What to produce - Give back exactly the stretch of data below from the line holding "q (_, _, refl)" through the line holding "(c : Setup) (s : Node)", both ends included, and leave the remaining lines out.

----------

-- ===== src/Node/Finished.antt =====
-- A task that a worker has finished, and that is cancelled then: what the manager does, and what the
-- interchange does with what the manager sends.
use mathlib.Core.Path.{subst}
use mathlib.Core.List.{append_assoc}
use func_x.Prelude.{
  ℕ, suc, ◌≡◌, refl, ◌∙◌, ap, sym, String, true, Option, none, some, List, [], ◌∷◌, ◌++◌,
  Option-cases, inl, inr, if_both,
}
use func_x.Prelude.Int.{negsuc}
use func_x.Prelude.Dict.{Dict, get?, remove, has, =?_refl, get?-remove}
use func_x.Prelude.Decimal.{str}
use func_x.Prelude.Python.{key_error, Exc, Result, return, raise, Result-cases}
use func_x.WorkerMap.{WorkerMap, add_to, start_remove_worker}
use func_x.WorkerMap.Counts.{bump-eq-return}
use func_x.WorkerMap.Launch.{add_worker}
use func_x.Htex.{Htex, TaskResult}
use func_x.Dispatch.{Manager}
use func_x.Htex.Stray.{manager_results_twice}
use func_x.Htex.Results.{ManagerStatusReport, manager_results}
use func_x.Node.{Setup, Placement, Node, ToInterchange, packed, own_type, remove_task}
use func_x.Node.Workers.{task_ret, handle_worker, poll_funcx_task_socket, after_removal}
use func_x.Node.Cancel.{kill_worker, finish_cancel, task_cancel, raised, plain_options}
use func_x.Node.Turn.{
  Flow, cancel_task, Polled, advertise, handle_incoming, receive, poll_worker, turn_node,
}

remove_task_lem :
    (id t : String) (s : Node)
    → get? id s.task_type_mapping ≡ some t
    → has t s.outstanding_task_count ≡ true
    → remove_task id s ≡ (
      return tt,
      record s {
        task_type_mapping = remove id s.task_type_mapping;
        task_status_deltas = remove id s.task_status_deltas;
        outstanding_task_count = add_to t (negsuc 0) s.outstanding_task_count;
        task_done_counter = suc s.task_done_counter;
      },
    )
unfolding remove_task
remove_task_lem id t s e h = rw (e, bump-eq-return t (negsuc 0) s.outstanding_task_count h)

-- What a finished task leaves: the result is passed on, and it stays noted where the task was.
record IsFinished (r : TaskResult) (s s' : Node) : Type 0 where
  passed : s'.pending_result_queue ≡ s.pending_result_queue ++ packed r ∷ []
  placed : s'.task_worker_map ≡ s.task_worker_map
  gone : get? r.task_id s'.task_type_mapping ≡ none
  alive : s'.kill_event ≡ s.kill_event

poll_worker-IsFinished :
    (w t : String) (r : TaskResult) (now : ℕ) (s : Node)
    → get? r.task_id s.task_type_mapping ≡ some t
    → has t s.outstanding_task_count ≡ true
    → IsFinished r s (poll_worker (some (w, task_ret r)) now s)
unfolding poll_worker poll_funcx_task_socket handle_worker
poll_worker-IsFinished w t r now s e h =
    subst (λ x. IsFinished r s (after_removal w r x.0 x.1).1)
      (sym (remove_task_lem r.task_id t s e h))
      (record {
        passed = refl;
        placed = refl;
        gone = rw (get?-remove r.task_id r.task_id s.task_type_mapping, =?_refl r.task_id) refl;
        alive = refl;
      })

-- Killing a worker changes the worker map and the table of processes.
kill_worker_lem :
    (p : Placement) (s : Node)
    → (m : WorkerMap) × (d : Dict ℕ) × ((kill_worker p s).1
        ≡ record s { worker_map = m; worker_procs = d })
unfolding kill_worker
kill_worker_lem p s = elim (Result-cases (start_remove_worker p.task_type s.worker_map).0) [
  | inr (x, q) ↦ rw q (_, _, refl)
  | inl (u, q) ↦ elim (Option-cases (get? p.worker_id s.worker_procs)) [
    | inl e ↦ rw (q, e) (_, _, refl)
    | inr (proc, e) ↦ rw (q, e) (_, _, refl)
  ]
]

finish_cancel_done :
    (c : Setup) (id t : String) (error : Option Exc) (s : Node)
    → get? id s.task_type_mapping ≡ none
    → (e : Exc) × ((finish_cancel c id t error s).0 ≡ raise e)
      × ((finish_cancel c id t error s).1.kill_event ≡ s.kill_event)
      × ((finish_cancel c id t error s).1.pending_result_queue
          ≡ s.pending_result_queue
            ++ packed (record { task_id = id; container_id = t; body = c.error_details error })
              ∷ [])
unfolding finish_cancel remove_task
finish_cancel_done c id t error s h =
    elim (Result-cases
      (add_worker c.os (plain_options c.options) (str s.worker_map.worker_id_counter) (own_type c)
        s.worker_map).0) [
          | inl (procs, q) ↦ rw (q, h) (key_error, refl, refl, refl)
          | inr (e, q) ↦ rw q (e, refl, refl, refl)
        ]

-- The second result of a task.
abbrev pub cancelled : Setup → String → String → Option Exc → TaskResult
cancelled c id t error = record { task_id = id; container_id = t; body = c.error_details error }

-- An exception, no end of the other threads, and a second result of the task.
abbrev pub IsBroken : {A : Type 0} → Setup → String → String → Node → Result A × Node → Type 0
IsBroken c id t s out =
    (exc : Exc) × (error : Option Exc) × (out.0 ≡ raise exc)
    × (out.1.kill_event ≡ s.kill_event)
    × (out.1.pending_result_queue ≡ s.pending_result_queue ++ packed (cancelled c id t error) ∷ [])

task_cancel-IsBroken :
    (c : Setup) (id : String) (place : Placement) (s : Node)
    → get? id s.task_worker_map ≡ some place
    → get? id s.task_type_mapping ≡ none
    → IsBroken c id place.task_type s (task_cancel c id s)
unfolding task_cancel
task_cancel-IsBroken c id place s e h =
    let error = raised (kill_worker place s).0 in
    let (m, d, q) = kill_worker_lem place s in
    let killed = record s { worker_map = m; worker_procs = d } in
    let (exc, raises, alive, told) = finish_cancel_done c id place.task_type error killed h in
    rw (e, q, raises, task_cancel) (exc, error, refl, alive, told)

advertise-same :
    (c : Setup) (s : Node)
    → (out : List ToInterchange) × (advertise c s ≡ record s { task_incoming = out })
unfolding advertise
advertise-same c s =
    if_both (λ (x : Node). (out : List ToInterchange) × (x ≡ record s { task_incoming = out })) _ _
      _ (_, refl) (s.task_incoming, refl)

-- The message of the worker and the request to cancel, handled one after the other.
both_handled :
    (c : Setup) (w t : String) (place : Placement) (r : TaskResult) (p : Polled) (s : Node)
    → get? r.task_id s.task_type_mapping ≡ some t
    → has t s.outstanding_task_count ≡ true
    → get? r.task_id s.task_worker_map ≡ some place
    → (exc : Exc) × (error : Option Exc) × ((receive c
          (some (cancel_task r.task_id))
          p.now
          (poll_worker (some (w, task_ret r)) p.now s)).0
        ≡ raise exc)
      × ((receive c
            (some (cancel_task r.task_id))
            p.now
            (poll_worker (some (w, task_ret r)) p.now s)).1.kill_event
          ≡ s.kill_event)
      × ((receive c
            (some (cancel_task r.task_id))
            p.now
            (poll_worker (some (w, task_ret r)) p.now s)).1.pending_result_queue
          ≡ s.pending_result_queue
            ++ packed r ∷ packed (cancelled c r.task_id place.task_type error) ∷ [])
unfolding receive handle_incoming
both_handled c w t place r p s e h q =
    let begun = poll_worker (some (w, task_ret r)) p.now s in
    let f = poll_worker-IsFinished w t r p.now s e h in
    let (exc, error, raises, alive, told) =
      task_cancel-IsBroken c r.task_id place
        (record begun { poll_timer = 0; last_interchange_contact = p.now })
        (ap (λ d. get? r.task_id d) f.placed ∙ q) f.gone in
    rw (raises) (
      exc,
      error,
      refl,
      alive ∙ f.alive,
      told
          ∙ ap (λ x. x ++ packed (cancelled c r.task_id place.task_type error) ∷ []) f.passed
          ∙ append_assoc s.pending_result_queue (packed r ∷ []) _,
    )

-- What a turn did to the manager that raised in it, and what the interchange does with the two results.
abbrev pub BothBreak :
    Node → TaskResult → Result Flow × Node → String → Option ManagerStatusReport → ℕ → Htex → Type 0
BothBreak s r out name report now x =
    (exc : Exc) × (second : TaskResult) × (out.0 ≡ raise exc)
    × (out.1.kill_event ≡ s.kill_event)
    × (out.1.pending_result_queue ≡ s.pending_result_queue ++ packed r ∷ packed second ∷ [])
    × ((manager_results name report (r ∷ second ∷ []) now x).0 ≡ raise key_error)
    × ((manager_results name report (r ∷ second ∷ []) now x).1.results_outgoing
        ≡ x.results_outgoing)

-- A turn that finds the result of a task, which is noted with a type and a worker, and the request
-- to cancel it: the main loop ends with an exception, the other threads are not told to end, and the
-- task has a second result. An interchange that is sent the two by a manager that it knows, the
-- first naming the type that the task was sent as, ends with KeyError and passes neither on.
pub turn_node-finished :
    (c : Setup) (w t : String) (place : Placement) (r : TaskResult) (draws : List String) (now : ℕ)
    (s : Node) (name : String) (m : Manager) (report : Option ManagerStatusReport) (later : ℕ)
    (x : Htex)
    → get? r.task_id s.task_type_mapping ≡ some t
    → has t s.outstanding_task_count ≡ true
    → get? r.task_id s.task_worker_map ≡ some place
    → r.container_id ≡ place.task_type
    → get? name x.ready_manager_queue ≡ some m
    → BothBreak s r
        (turn_node c
          (record {
            worker = some (w, task_ret r);
            incoming = some (cancel_task r.task_id);
            draws = draws;
            now = now;
          })
          s)
        name
        report
        later
        x
unfolding turn_node
turn_node-finished c w t place r draws now s name m report later x e h q typed known =
    let p : Polled = record {
      worker = some (w, task_ret r);
      incoming = some (cancel_task r.task_id);
      draws = draws;
      now = now;
    } in
    let (out, same) = advertise-same c s in
    let (exc, error, raises, alive, told) =
      both_handled c w t place r p (record s { task_incoming = out }) e h q in
    let second = cancelled c r.task_id place.task_type error in
    let (broken, kept) =
      manager_results_twice name m report [] r second later x refl (sym typed) known in
    rw (same, raises) (exc, second, refl, alive, told, broken, kept)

----------

Completed task -
  | inr (x, q) ↦ rw q (_, _, refl)
  | inl (u, q) ↦ elim (Option-cases (get? p.worker_id s.worker_procs)) [
    | inl e ↦ rw (q, e) (_, _, refl)
    | inr (proc, e) ↦ rw (q, e) (_, _, refl)
  ]
]

finish_cancel_done :
    (c : Setup) (id t : String) (error : Option Exc) (s : Node)
    → get? id s.task_type_mapping ≡ none
    → (e : Exc) × ((finish_cancel c id t error s).0 ≡ raise e)
      × ((finish_cancel c id t error s).1.kill_event ≡ s.kill_event)
      × ((finish_cancel c id t error s).1.pending_result_queue
          ≡ s.pending_result_queue
            ++ packed (record { task_id = id; container_id = t; body = c.error_details error })
              ∷ [])
unfolding finish_cancel remove_task
finish_cancel_done c id t error s h =
    elim (Result-cases
      (add_worker c.os (plain_options c.options) (str s.worker_map.worker_id_counter) (own_type c)
        s.worker_map).0) [
          | inl (procs, q) ↦ rw (q, h) (key_error, refl, refl, refl)
          | inr (e, q) ↦ rw q (e, refl, refl, refl)
        ]

-- The second result of a task.
abbrev pub cancelled : Setup → String → String → Option Exc → TaskResult
cancelled c id t error = record { task_id = id; container_id = t; body = c.error_details error }

-- An exception, no end of the other threads, and a second result of the task.
abbrev pub IsBroken : {A : Type 0} → Setup → String → String → Node → Result A × Node → Type 0
IsBroken c id t s out =
    (exc : Exc) × (error : Option Exc) × (out.0 ≡ raise exc)
    × (out.1.kill_event ≡ s.kill_event)
    × (out.1.pending_result_queue ≡ s.pending_result_queue ++ packed (cancelled c id t error) ∷ [])

task_cancel-IsBroken :
    (c : Setup) (id : String) (place : Placement) (s : Node)
    → get? id s.task_worker_map ≡ some place
    → get? id s.task_type_mapping ≡ none
    → IsBroken c id place.task_type s (task_cancel c id s)
unfolding task_cancel
task_cancel-IsBroken c id place s e h =
    let error = raised (kill_worker place s).0 in
    let (m, d, q) = kill_worker_lem place s in
    let killed = record s { worker_map = m; worker_procs = d } in
    let (exc, raises, alive, told) = finish_cancel_done c id place.task_type error killed h in
    rw (e, q, raises, task_cancel) (exc, error, refl, alive, told)

advertise-same :
    (c : Setup) (s : Node)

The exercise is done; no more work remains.